=== Begin Enclosure ===

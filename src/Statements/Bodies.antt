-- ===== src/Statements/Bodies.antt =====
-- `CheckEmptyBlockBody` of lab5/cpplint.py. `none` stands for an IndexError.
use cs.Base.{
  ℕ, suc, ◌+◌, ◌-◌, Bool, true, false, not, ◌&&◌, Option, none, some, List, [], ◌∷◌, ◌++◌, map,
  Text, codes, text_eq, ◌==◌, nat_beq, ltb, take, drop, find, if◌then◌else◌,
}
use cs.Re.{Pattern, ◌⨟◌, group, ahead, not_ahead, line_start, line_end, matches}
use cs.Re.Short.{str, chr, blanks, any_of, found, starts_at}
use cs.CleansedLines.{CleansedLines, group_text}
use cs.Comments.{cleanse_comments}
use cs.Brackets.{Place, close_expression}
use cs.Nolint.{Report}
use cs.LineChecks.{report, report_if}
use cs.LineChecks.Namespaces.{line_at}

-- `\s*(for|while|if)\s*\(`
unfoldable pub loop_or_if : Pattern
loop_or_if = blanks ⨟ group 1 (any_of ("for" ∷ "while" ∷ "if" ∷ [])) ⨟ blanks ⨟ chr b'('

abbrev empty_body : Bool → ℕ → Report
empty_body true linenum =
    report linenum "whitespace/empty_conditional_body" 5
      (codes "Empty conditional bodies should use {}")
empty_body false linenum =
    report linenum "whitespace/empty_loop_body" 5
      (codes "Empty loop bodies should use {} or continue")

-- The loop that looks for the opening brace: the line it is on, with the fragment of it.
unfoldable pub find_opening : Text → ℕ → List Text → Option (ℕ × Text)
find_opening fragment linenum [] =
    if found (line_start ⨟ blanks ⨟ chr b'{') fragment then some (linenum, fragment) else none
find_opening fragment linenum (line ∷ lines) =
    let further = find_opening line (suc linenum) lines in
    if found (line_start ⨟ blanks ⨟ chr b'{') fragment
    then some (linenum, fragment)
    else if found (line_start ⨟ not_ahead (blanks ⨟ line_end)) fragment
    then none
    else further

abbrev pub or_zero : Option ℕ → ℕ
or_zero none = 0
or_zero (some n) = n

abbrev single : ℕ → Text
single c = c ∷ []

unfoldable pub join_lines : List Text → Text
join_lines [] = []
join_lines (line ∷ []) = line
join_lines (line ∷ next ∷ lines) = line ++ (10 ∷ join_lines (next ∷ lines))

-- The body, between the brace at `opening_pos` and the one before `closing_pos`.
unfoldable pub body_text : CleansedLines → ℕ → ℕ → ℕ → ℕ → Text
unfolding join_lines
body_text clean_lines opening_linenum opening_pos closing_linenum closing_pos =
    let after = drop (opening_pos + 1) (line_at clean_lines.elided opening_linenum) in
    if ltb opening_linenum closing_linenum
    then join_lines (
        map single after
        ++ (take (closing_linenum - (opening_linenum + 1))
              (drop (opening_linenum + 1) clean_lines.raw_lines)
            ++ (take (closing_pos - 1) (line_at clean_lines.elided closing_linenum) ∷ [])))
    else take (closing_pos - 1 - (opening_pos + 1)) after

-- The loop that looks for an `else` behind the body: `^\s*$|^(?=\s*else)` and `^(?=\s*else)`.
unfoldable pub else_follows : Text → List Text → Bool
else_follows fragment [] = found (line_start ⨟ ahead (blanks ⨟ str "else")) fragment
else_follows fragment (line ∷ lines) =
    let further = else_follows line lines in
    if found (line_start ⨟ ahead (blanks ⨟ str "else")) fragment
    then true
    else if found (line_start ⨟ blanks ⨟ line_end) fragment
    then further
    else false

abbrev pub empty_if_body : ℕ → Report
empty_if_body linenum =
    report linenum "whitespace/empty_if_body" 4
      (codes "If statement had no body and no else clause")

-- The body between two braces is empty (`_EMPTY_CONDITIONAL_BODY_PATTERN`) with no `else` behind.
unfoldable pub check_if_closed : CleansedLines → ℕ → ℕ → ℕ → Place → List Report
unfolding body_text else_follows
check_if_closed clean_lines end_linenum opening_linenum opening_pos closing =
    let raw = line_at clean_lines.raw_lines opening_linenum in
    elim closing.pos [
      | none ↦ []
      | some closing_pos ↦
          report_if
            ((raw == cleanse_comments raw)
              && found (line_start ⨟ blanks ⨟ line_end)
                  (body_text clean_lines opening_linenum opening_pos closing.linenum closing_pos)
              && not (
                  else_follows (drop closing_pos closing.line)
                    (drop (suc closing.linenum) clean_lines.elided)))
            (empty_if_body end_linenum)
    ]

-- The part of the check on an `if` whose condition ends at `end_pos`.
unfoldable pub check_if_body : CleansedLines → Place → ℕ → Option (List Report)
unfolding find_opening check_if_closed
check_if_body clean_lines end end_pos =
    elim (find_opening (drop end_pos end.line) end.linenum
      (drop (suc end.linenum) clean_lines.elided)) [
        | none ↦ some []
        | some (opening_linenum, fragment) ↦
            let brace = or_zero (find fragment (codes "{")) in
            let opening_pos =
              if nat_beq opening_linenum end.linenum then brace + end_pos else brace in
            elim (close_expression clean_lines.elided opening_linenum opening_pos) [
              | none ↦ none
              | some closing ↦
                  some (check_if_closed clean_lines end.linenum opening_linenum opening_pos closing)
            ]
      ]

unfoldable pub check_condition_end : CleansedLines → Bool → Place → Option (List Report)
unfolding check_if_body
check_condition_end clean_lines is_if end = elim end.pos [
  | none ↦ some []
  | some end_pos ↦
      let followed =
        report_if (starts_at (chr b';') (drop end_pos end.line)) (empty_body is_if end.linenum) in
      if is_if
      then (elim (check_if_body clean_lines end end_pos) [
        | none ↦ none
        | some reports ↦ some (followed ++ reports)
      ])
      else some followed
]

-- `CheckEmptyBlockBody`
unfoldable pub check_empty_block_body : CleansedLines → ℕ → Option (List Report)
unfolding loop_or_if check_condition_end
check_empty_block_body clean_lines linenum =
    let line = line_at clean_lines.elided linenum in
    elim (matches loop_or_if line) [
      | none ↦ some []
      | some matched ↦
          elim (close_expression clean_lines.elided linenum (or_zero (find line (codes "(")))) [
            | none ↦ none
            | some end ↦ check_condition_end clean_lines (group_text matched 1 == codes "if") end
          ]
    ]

=== End Enclosure ===

## ABOUT THIS TASK
Scan the lines above for "elim (find_opening (drop" and for "let brace = or_zero". Repeat exactly the line holding each of them and every line in between.

## REPLY
    elim (find_opening (drop end_pos end.line) end.linenum
      (drop (suc end.linenum) clean_lines.elided)) [
        | none ↦ some []
        | some (opening_linenum, fragment) ↦
            let brace = or_zero (find fragment (codes "{")) in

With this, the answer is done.